_Action item_.
Make a tally of the lines in the records that include the string "Result", and give only that number.

_Available records_.
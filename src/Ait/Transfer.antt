-- ===== src/Ait/Transfer.antt =====
-- src/general/ait.cpp, `init_state_trans_table`: the table of state transfers.
pub mod Write
pub mod Read
use vans.Base.{ℕ, Option, some, none, Result}
use vans.NextLevel.{NextLevel}
use vans.Ait.Entry.{
  BufferEntry, RequestType, read_miss, read_hit, write_miss, write_hit, RequestState, init,
  pending_read_media, pending_write_media, pending_read_dram, pending_write_dram, pending_migration,
}
use vans.Ait.Controller.{Core}
use Write
use Read

abbrev pub Transfer : Type 0 → Type 0 → Type 0
Transfer N M = ℕ → BufferEntry → ℕ → Core N M → Result (BufferEntry × Core N M)

module _ {N M : Type 0} (next : NextLevel N) where
  -- `none` is the empty function that the table starts with.
  unfoldable pub state_trans : RequestType → RequestState → Option (Transfer N M)
  state_trans write_miss init = some (Write.write_miss_init next)
  state_trans write_miss pending_read_media = some (Write.write_miss_pending_read_media next)
  state_trans write_miss pending_write_dram = some (Write.write_miss_pending_write_dram next)
  state_trans write_miss pending_migration = some (Write.write_miss_pending_migration next)
  state_trans write_miss pending_write_media = some (Write.write_miss_pending_write_media next)
  state_trans write_hit init = some (Write.write_hit_init next)
  state_trans write_hit pending_write_dram = some (Write.write_hit_pending_write_dram next)
  state_trans write_hit pending_migration = some (Write.write_hit_pending_migration next)
  state_trans write_hit pending_write_media = some (Write.write_hit_pending_write_media next)
  state_trans read_miss init = some (Read.read_miss_init next)
  state_trans read_miss pending_read_media = some (Read.read_miss_pending_read_media next)
  state_trans read_miss pending_read_dram = some (Read.read_miss_pending_read_dram next)
  state_trans read_hit init = some (Read.read_hit_init next)
  state_trans read_hit pending_read_dram = some (Read.read_hit_pending_read_dram next)
  state_trans _ _ = none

_The completed task_.
2